Sorting taxonomy. 30 candidate AI use cases assembled from the brief, vendor demos, and operator interviews, sorted into three columns: “Demo-magic (operators didn’t ask),” “Chronic operator pain (high-pull),” and “Wait, needs better data.” Eight cases in the middle column highlighted.
The work
We designed a canvas of eight modular widgets, each doing one job. Flight-Risk Signals surfaces tenure and engagement-pattern shifts months before a resignation lands. Pickup Warnings flags the slipped probation review, the missed 1:1 cycle, the lapsed development plan. Onboarding Drafts generates role-specific onboarding plans from JD plus team context. 1:1 Prep surfaces last-meeting commitments, recurring themes, and current project signals. Manager Prompts nudges the un-noticed. Performance-Conversation Drafts pulls threads from 1:1 notes, peer feedback, and project artefacts into a starting point, not a finished review.
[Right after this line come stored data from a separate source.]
-- ===== src/Reliable/Receiving.antt =====
-- What `recvfromAck` hands over, whatever the radio and the other nodes do.
use grove_lo_ra_433mhz_and.Prelude.{
  ℕ, ◌≡◌, ◌≢◌, ap, ◌∙◌, Option, none, some, ◌⊎◌, inl, inr, false, List, [], ◌∷◌, arith, ◌==◌, not,
  if◌then◌else◌,
}
use mathlib.Core.Path.{subst}
use grove_lo_ra_433mhz_and.Prelude.Commands.{done, pure, modify, ◌>>◌}
use grove_lo_ra_433mhz_and.Prelude.Post
use grove_lo_ra_433mhz_and.Prelude.Post.{Post}
use grove_lo_ra_433mhz_and.Driver.{Radio, broadcast_address}
use grove_lo_ra_433mhz_and.Node.{Node, update}
use grove_lo_ra_433mhz_and.Node.Frame.{HasHeaders, on_device-Post, recvfrom-Post}
use grove_lo_ra_433mhz_and.Datagram.{Message}
use grove_lo_ra_433mhz_and.Reliable.{
  Receipt, nothing, discarded, received, is_ack, accept, recvfrom_ack,
}
use grove_lo_ra_433mhz_and.Reliable.Replies.{acknowledge-Kept}
use grove_lo_ra_433mhz_and.Reliable.Kept.{Kept, Kept-stable, Kept-refl}

-- A message is handed over only if it is no acknowledgement and its ID is not the one last seen
-- from its sender, and then its ID is remembered. In the other cases nothing is remembered.
pub data Received {C : Type 0} (n : Node C) : Receipt → Node C → Type 0 where
  no_message : {t : Node C} → t.seen_ids ≡ n.seen_ids → Received n nothing t
  dropped :
      {octets : List ℕ} {t : Node C} → t.seen_ids ≡ n.seen_ids → Received n (discarded octets) t
  handed_over :
      {m : Message} {t : Node C}
      → is_ack m.flags ≡ false
      → m.id ≢ n.seen_ids m.from
      → t.seen_ids ≡ update n.seen_ids m.from m.id
      → Received n (received m) t

module _ {C : Type 0} (r : Radio C) (fuel : ℕ) (n₀ : Node C) where
  unseen :
      {x : ℕ} {seen : ℕ → ℕ} (m : Message)
      → (m.id == x) ≡ false
      → seen ≡ n₀.seen_ids
      → x ≡ seen m.from
      → m.id ≢ n₀.seen_ids m.from
  unseen m new e e' q = ground (arith, ap (λ f. f m.from) e)

  remember-Received :
      (m : Message) (seen : ℕ)
      → is_ack m.flags ≡ false
      → Post
          (λ s. Kept n₀ s × (seen ≡ s.seen_ids m.from))
          (if m.id == seen then pure (discarded m.payload) else do
            modify (λ n. record n { seen_ids = update n.seen_ids m.from m.id })
            pure (received m))
          (Received n₀)
  remember-Received m seen f =
      Post.branch (m.id == seen) (λ _. Post.returns λ s (k, e). dropped k.seen_ids)
        (λ new.
          Post.next
            (Post.modifies
              {Q = λ t. (m.id ≢ n₀.seen_ids m.from) × (t.seen_ids ≡ update n₀.seen_ids m.from m.id)}
              λ s (k, e). (unseen m new k.seen_ids e, ap (λ f. update f m.from m.id) k.seen_ids))
            (Post.returns λ s k. handed_over f k.0 k.1))

  accept-Received : (m : Message) → Post (Kept n₀) (accept r fuel m) (Received n₀)
  unfolding accept
  accept-Received m =
      Post.branch (is_ack m.flags) (λ _. Post.returns λ s k. dropped k.seen_ids)
        (λ f.
          Post.next
            (Post.whenever (not (m.to == broadcast_address))
              λ _. acknowledge-Kept r fuel n₀ m.id m.from)
            (Post.bind (Post.reads {f = λ n. n.seen_ids m.from})
              λ seen. remember-Received m seen f))

module _ {C : Type 0} (r : Radio C) (fuel : ℕ) where
  recvfrom_ack-Received :
      (len : Option ℕ) (n : Node C) {a : Receipt} {t : Node C}
      → recvfrom_ack r fuel len n ≡ done a t
      → Received n a t
  unfolding recvfrom_ack
  recvfrom_ack-Received len n {a} {t} h = whole.apply (Kept-refl n) h
    where
      look :
          (got : Option Message)
          → Post
              (λ s. Kept n s × HasHeaders got s)
              (elim got [ none ↦ pure nothing | some m ↦ accept r fuel m ])
              (Received n)
      look none = Post.returns λ s (k, h). no_message k.seen_ids
      look (some m) = Post.strengthen (λ s k. k.0) (accept-Received r fuel n m)

      whole : Post (Kept n) (recvfrom_ack r fuel len) (Received n)
      whole = Post.bind (on_device-Post (Kept-stable n) r.available) λ ready.
          Post.branch ready (λ _. Post.bind (recvfrom-Post (Kept-stable n) r len) look)
            (λ _. Post.returns λ s k. no_message k.seen_ids)

  -- Any number of calls, one after the other, and the messages that they hand over, in order. What
  -- else happens to the node between two calls does not touch `seen_ids`.
  pub data Calls (len : Option ℕ) : Node C → List Message → Type 0 where
    stop : (n : Node C) → Calls len n []
    handed :
        {n t u : Node C} {m : Message} {ms : List Message}
        → recvfrom_ack r fuel len n ≡ done (received m) t
        → u.seen_ids ≡ t.seen_ids
        → Calls len u ms
        → Calls len n (m ∷ ms)
    empty :
        {n t u : Node C} {ms : List Message} (a : Receipt)
        → recvfrom_ack r fuel len n ≡ done a t
        → (a ≡ nothing) ⊎ ((octets : List ℕ) × (a ≡ discarded octets))
        → u.seen_ids ≡ t.seen_ids
        → Calls len u ms
        → Calls len n ms

-- No message has the ID of the message before it from the same sender; `seen` gives these IDs at
-- the start.
unfoldable pub Fresh : (ℕ → ℕ) → List Message → Type 0
Fresh seen [] = Unit
Fresh seen (m ∷ ms) =
    (is_ack m.flags ≡ false) × (m.id ≢ seen m.from) × Fresh (update seen m.from m.id) ms

module _ {C : Type 0} (r : Radio C) (fuel : ℕ) (len : Option ℕ) where
  fresh_one :
      {n t : Node C} {m : Message}
      → Received n (received m) t
      → (is_ack m.flags ≡ false)
        × (m.id ≢ n.seen_ids m.from)
        × (t.seen_ids ≡ update n.seen_ids m.from m.id)
  fresh_one (handed_over a b u) = (a, b, u)

  kept :
      {n t : Node C} (a : Receipt)
      → (a ≡ nothing) ⊎ ((octets : List ℕ) × (a ≡ discarded octets))
      → Received n a t
      → t.seen_ids ≡ n.seen_ids
  kept _ w (no_message e) = e
  kept _ w (dropped e) = e
  kept _ w (handed_over {m} a b e) = absurd (not_handed m w)
    where
      not_handed :
          (m : Message)
          → (received m ≡ nothing) ⊎ ((octets : List ℕ) × (received m ≡ discarded octets))
          → ⊥
      not_handed m (inl q) = cc
      not_handed m (inr (o, q)) = cc

  -- Retransmissions are handed over once: in any sequence of calls, no message has the ID that the
  -- message before it from the same sender had, and none is an acknowledgement.
  pub Calls-Fresh : {n : Node C} {ms : List Message} → Calls r fuel len n ms → Fresh n.seen_ids ms
  unfolding Fresh
  Calls-Fresh (stop n) = tt
  Calls-Fresh (handed {n} {m} {ms} e s c) =
      let (a, b, u) = fresh_one (recvfrom_ack-Received r fuel len n e) in
      (a, b, subst (λ seen. Fresh seen ms) (s ∙ u) (Calls-Fresh c))
  Calls-Fresh (empty {n} {ms} a e w s c) =
      subst (λ seen. Fresh seen ms) (s ∙ kept a w (recvfrom_ack-Received r fuel len n e))
        (Calls-Fresh c)
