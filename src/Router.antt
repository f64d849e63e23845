-- ===== src/Router.antt =====
-- RHRouter.h and RHRouter.cpp: multi-hop delivery by a routing table. The table itself is in
-- Table.antt. The two virtual functions are parameters here: a router and a mesh node differ in them.
pub mod Routing
pub mod Invariant
pub mod Messages
use grove_lo_ra_433mhz_and.Prelude.{
  ℕ, zero, suc, ◌+◌, ◌==◌, ltb, if◌then◌else◌, Bool, min, ◌||◌, Option, none, some, List, [], ◌∷◌,
  length, get_or, take, drop, blit, u8, sub8, sub32, u16,
}
use grove_lo_ra_433mhz_and.Prelude.Commands.{
  Cmd, fault, out_of_fuel, pure, get, gets, modify, when, ◌>>=◌, ◌>>◌,
}
use grove_lo_ra_433mhz_and.Driver.{Radio, broadcast_address}
use grove_lo_ra_433mhz_and.Node.{Node, set_routes, set_router_message}
use grove_lo_ra_433mhz_and.Datagram
use grove_lo_ra_433mhz_and.Datagram.{Message}
use grove_lo_ra_433mhz_and.Reliable
use grove_lo_ra_433mhz_and.Reliable.{Receipt, nothing, discarded, received, is_positive}
use grove_lo_ra_433mhz_and.Table.{get_route_to, clear_routing_table}

abbrev pub default_max_hops : ℕ
default_max_hops = 30

-- The error codes.
abbrev pub error_none : ℕ
error_none = 0

abbrev pub error_invalid_length : ℕ
error_invalid_length = 1

abbrev pub error_no_route : ℕ
error_no_route = 2

abbrev pub error_unable_to_deliver : ℕ
error_unable_to_deliver = 5

-- sizeof(RoutedMessageHeader), RH_ROUTER_MAX_MESSAGE_LEN and sizeof(RoutedMessage)
abbrev pub header_size : ℕ
header_size = 5

abbrev pub max_message_len : ℕ
max_message_len = 250

abbrev pub message_size : ℕ
message_size = 255

-- The fields of a RoutedMessage, which are octets in this order.
abbrev pub message_dest : List ℕ → ℕ
message_dest m = get_or m 0 0

abbrev pub message_source : List ℕ → ℕ
message_source m = get_or m 1 0

abbrev pub message_hops : List ℕ → ℕ
message_hops m = get_or m 2 0

abbrev pub message_id : List ℕ → ℕ
message_id m = get_or m 3 0

abbrev pub message_flags : List ℕ → ℕ
message_flags m = get_or m 4 0

abbrev pub message_data : List ℕ → List ℕ
message_data m = drop 5 m

-- What `recvfromAck` writes through its pointers when it returns true.
pub record Delivery : Type 0 where
  pub payload : List ℕ
  pub source : ℕ
  pub dest : ℕ
  pub id : ℕ
  pub flags : ℕ

-- The virtual functions; both act on `router_message`, whose length they are given.
pub record Overrides (C : Type 0) : Type 0 where
  pub peek_at_message : ℕ → Cmd (Node C) (Unit {0})
  pub route : ℕ → Cmd (Node C) ℕ

module _ {C : Type 0} where
  -- The constructor.
  unfoldable pub construct : ℕ → Node C → Node C
  unfolding Reliable.construct clear_routing_table
  construct address n =
      set_routes clear_routing_table
        (record (Reliable.construct address n) { max_hops = default_max_hops })

  abbrev pub set_max_hops : ℕ → Node C → Node C
  set_max_hops max_hops n = record n { max_hops = max_hops }

module _ {C : Type 0} (r : Radio C) (fuel : ℕ) where
  unfoldable pub init : Cmd (Node C) Bool
  unfolding Datagram.init
  init = do ret ← Datagram.init r; when ret (modify (set_max_hops default_max_hops)); pure ret

  -- RHRouter::route
  unfoldable pub forward_to : ℕ → ℕ → Cmd (Node C) ℕ
  forward_to message_len next_hop = do
    n ← get
    sent ← Reliable.sendto_wait r fuel (take message_len n.router_message) next_hop
    pure (if sent then error_none else error_unable_to_deliver)

  unfoldable pub route : ℕ → Cmd (Node C) ℕ
  unfolding forward_to
  route message_len = do
    n ← get
    if message_dest n.router_message == broadcast_address
        then forward_to message_len broadcast_address
        else elim (get_route_to (message_dest n.router_message) n.routes) [
          | none ↦ pure error_no_route
          | some e ↦ forward_to message_len e.next_hop
        ]

  -- The default of `peekAtMessage` does nothing.
  abbrev pub router : Overrides C
  router = record { peek_at_message = λ len. pure tt; route = route }

module _ {C : Type 0} (r : Radio C) (fuel : ℕ) (v : Overrides C) where
  unfoldable pub sendto_from_source_wait : List ℕ → (dest source flags : ℕ) → Cmd (Node C) ℕ
  sendto_from_source_wait buf dest source flags =
      if ltb r.max_message_length (length buf + header_size) then pure error_invalid_length else do
        n ← get
        let id = n.last_e2e_sequence_number
        modify (λ n. record n { last_e2e_sequence_number = u8 (id + 1) })
        modify (set_router_message (blit 0 (dest ∷ source ∷ 0 ∷ id ∷ flags ∷ buf)))
        v.route (header_size + length buf)

  unfoldable pub sendto_wait : List ℕ → (dest flags : ℕ) → Cmd (Node C) ℕ
  unfolding sendto_from_source_wait
  sendto_wait buf dest flags = do
    source ← gets (λ n. n.this_address)
    sendto_from_source_wait buf dest source flags

  -- The message is for this node: the caller has room for `len` octets.
  unfoldable pub deliver : (len message_len : ℕ) → Cmd (Node C) (Option Delivery)
  deliver len message_len = do
    n ← get
    let m = n.router_message
    let copied = min len (sub8 message_len header_size)
    if ltb max_message_len copied
        then (λ _. fault)
        else pure (
            some (record {
              payload = take copied (message_data m);
              source = message_source m;
              dest = message_dest m;
              id = message_id m;
              flags = message_flags m;
            }))

  -- The message may have to be routed to the next hop.
  unfoldable pub forward : ℕ → Cmd (Node C) (Unit {0})
  forward message_len = do
    n ← get
    let hops = message_hops n.router_message
    modify (set_router_message (λ m. blit 2 (u8 (hops + 1) ∷ []) m))
    when (ltb hops n.max_hops) (v.route message_len >> pure tt)

  unfoldable pub dispatch : (len message_len : ℕ) → Cmd (Node C) (Option Delivery)
  unfolding deliver forward
  dispatch len message_len = do
    n ← get
    let dest = message_dest n.router_message
    if dest == n.this_address || dest == broadcast_address
        then deliver len message_len
        else (forward message_len >> pure none)

  unfoldable pub recvfrom_ack : ℕ → Cmd (Node C) (Option Delivery)
  unfolding dispatch
  recvfrom_ack len = do
    receipt ← Reliable.recvfrom_ack r fuel (some message_size)
    elim receipt [
      | nothing ↦ pure none
      | discarded octets ↦ do modify (set_router_message (blit 0 octets)); pure none
      | received m ↦ do
        modify (set_router_message (blit 0 m.payload))
        v.peek_at_message (length m.payload)
        dispatch len (length m.payload)
    ]

  unfoldable pub recvfrom_ack_loop :
      ℕ → (len timeout starttime : ℕ) → Cmd (Node C) (Option Delivery)
  recvfrom_ack_loop zero len timeout starttime n = out_of_fuel
  recvfrom_ack_loop (suc rounds) len timeout starttime n =
      (do
        now ← Datagram.millis r
        let time_left = sub32 timeout (sub32 now starttime)
        if is_positive time_left
            then (do
              ready ← Datagram.wait_available_timeout r fuel (u16 time_left)
              if ready
                  then (do
                    got ← recvfrom_ack len
                    elim got [
                      | some m ↦ pure (some m)
                      | none ↦ recvfrom_ack_loop rounds len timeout starttime
                    ])
                  else recvfrom_ack_loop rounds len timeout starttime)
            else pure none)
        n

  unfoldable pub recvfrom_ack_timeout : (len timeout : ℕ) → Cmd (Node C) (Option Delivery)
  recvfrom_ack_timeout len timeout = do
    starttime ← Datagram.millis r
    recvfrom_ack_loop fuel len timeout starttime
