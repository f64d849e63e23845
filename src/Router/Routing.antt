-- ===== src/Router/Routing.antt =====
-- What RHRouter sends and hands over.
use grove_lo_ra_433mhz_and.Prelude.{
  ℕ, ◌+◌, ◌≡◌, ◌≢◌, refl, ◌⊎◌, inl, inr, none, some, arith, ◌==◌, take, u8, Bool-cases,
  Option-cases,
}
use grove_lo_ra_433mhz_and.Prelude.Commands.{done, >>=-done}
use grove_lo_ra_433mhz_and.Prelude.Post.{done_subst}
use grove_lo_ra_433mhz_and.Driver.{Radio, broadcast_address}
use grove_lo_ra_433mhz_and.Node.{Node}
use grove_lo_ra_433mhz_and.Reliable
use grove_lo_ra_433mhz_and.Reliable.Sending.{sendto_wait_facts}
use grove_lo_ra_433mhz_and.Reliable.Kept.{Acked}
use grove_lo_ra_433mhz_and.Router.{
  error_none, error_no_route, error_unable_to_deliver, message_dest, forward_to, route,
}
use grove_lo_ra_433mhz_and.Table.{get_route_to, RoutingTableEntry}

-- How a transmission to the next hop ends.
pub data Hopped {C : Type 0} (n : Node C) (next_hop : ℕ) (code : ℕ) (t : Node C) : Type 0 where
  undelivered : code ≡ error_unable_to_deliver → t.routes ≡ n.routes → Hopped n next_hop code t
  delivered :
      code ≡ error_none
      → t.routes ≡ n.routes
      → (next_hop ≡ broadcast_address) ⊎ Acked (u8 (n.last_sequence_number + 1)) next_hop t
      → Hopped n next_hop code t

-- How `route` ends for a message to `dest`: there is no route and nothing has changed, or the
-- message went to every node, or to the next hop of the routing table.
pub data Routed {C : Type 0} (n : Node C) (dest : ℕ) (code : ℕ) (t : Node C) : Type 0 where
  no_route :
      code ≡ error_no_route
      → dest ≢ broadcast_address
      → get_route_to dest n.routes ≡ none
      → t ≡ n
      → Routed n dest code t
  to_all : dest ≡ broadcast_address → Hopped n broadcast_address code t → Routed n dest code t
  to_next_hop :
      (e : RoutingTableEntry)
      → dest ≢ broadcast_address
      → get_route_to dest n.routes ≡ some e
      → Hopped n e.next_hop code t
      → Routed n dest code t

module _ {C : Type 0} (r : Radio C) (fuel : ℕ) where
  forward_to-Hopped :
      (message_len next_hop : ℕ) (n : Node C) {code : ℕ} {t : Node C}
      → forward_to r fuel message_len next_hop n ≡ done code t
      → Hopped n next_hop code t
  unfolding forward_to
  forward_to-Hopped message_len next_hop n h =
      let (sent, u, e, h') =
        >>=-done (Reliable.sendto_wait r fuel (take message_len n.router_message) next_hop) _ n h in
      let (good, bad, _, _, routes, _) =
        sendto_wait_facts r fuel (take message_len n.router_message) next_hop n e in
      elim (Bool-cases sent) [
        | inl q ↦ done_subst (Hopped n next_hop) h' (delivered (rw q) routes (good q))
        | inr q ↦ done_subst (Hopped n next_hop) h' (undelivered (rw q) routes)
      ]

  -- The three ways in which the router's `route` returns: without a route it changes nothing; the
  -- code for success means that the message was broadcast, or that the next hop of the routing
  -- table has acknowledged it; any other failure is a transmission that was not acknowledged.
  pub route-Routed :
      (message_len : ℕ) (n : Node C) {code : ℕ} {t : Node C}
      → route r fuel message_len n ≡ done code t
      → Routed n (message_dest n.router_message) code t
  unfolding route
  route-Routed message_len n h =
      elim (Bool-cases (message_dest n.router_message == broadcast_address)) [
        | inl q ↦
            to_all (ground arith) (forward_to-Hopped message_len broadcast_address n (rw q at h))
        | inr q ↦ elim (Option-cases (get_route_to (message_dest n.router_message) n.routes)) [
          | inl p ↦
              done_subst (Routed n (message_dest n.router_message)) (rw (q, p) at h)
                (no_route refl (ground arith) p refl)
          | inr (e, p) ↦
              to_next_hop e (ground arith) p
                (forward_to-Hopped message_len e.next_hop n (rw (q, p) at h))
        ]
      ]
Policy & Award Q&A answers natural-language questions over the handbook and the Modern Awards. Compliance Reminders loops on visa renewals, casual-conversion timings, and penalty-rate windows.
The unifying principle: every widget assists the decision and produces an artefact the manager edits and signs. The Shiftbridge AI never taps send.
What we deliberately did not build
Two things were deliberately not built. The first was a chat interface as the primary surface, chat trades discoverability for power, and most managers don’t know what to ask. The second was autonomous action by any widget. HR is a domain where the wrong AI action has legal consequences, Fair Work, discrimination law, the procedural requirements around performance management. Decision-assist scales. Autonomous action exposes. We named both rejections in the executive handover, because the CTO needed to defend “we’re not building the autonomous agent” to a board that had been pitched the opposite for a year.
“We came in asking for a chat. You sent us out with a canvas. The discipline of choosing what the AI doesn’t do became the most important conversation we had that year.”
, Priya Anand, VP Product, Shiftbridge
The result
Twenty-four months on, six of the eight widgets had shipped in some form across the Shiftbridge platform. The two that hadn’t were the two we’d already flagged as needing better input data before they’d earn their keep, the product team validated that deferral independently. “Decision-assist over autonomy” became Shiftbridge’s stated AI principle, repeated in roadmap defences through 2024 when the broader market briefly fell in love with autonomous agents and then, in several high-profile cases, fell back out.
We’d attribute part of these outcomes to the canvas and part to honest confounds. Shiftbridge’s product team made hundreds of decisions over twenty-four months, the canvas was an input, not the only one. And the broader industry’s reckoning with autonomous-AI failures through 2024 made decision-assist a defensible default in ways the original audit could not have anticipated. The principle held up. Whether it would have held up without the broader market shift is the harder question, and one we’d rather name than pretend we’d already answered.
Closing
The takeaway: when the technology shifts under you, don’t optimise the obvious move first. Audit which work your users want help doing, and which work they want to keep doing themselves. AI maximalism isn’t a strategy. Choosing what the AI doesn’t do, and saying it out loud, is.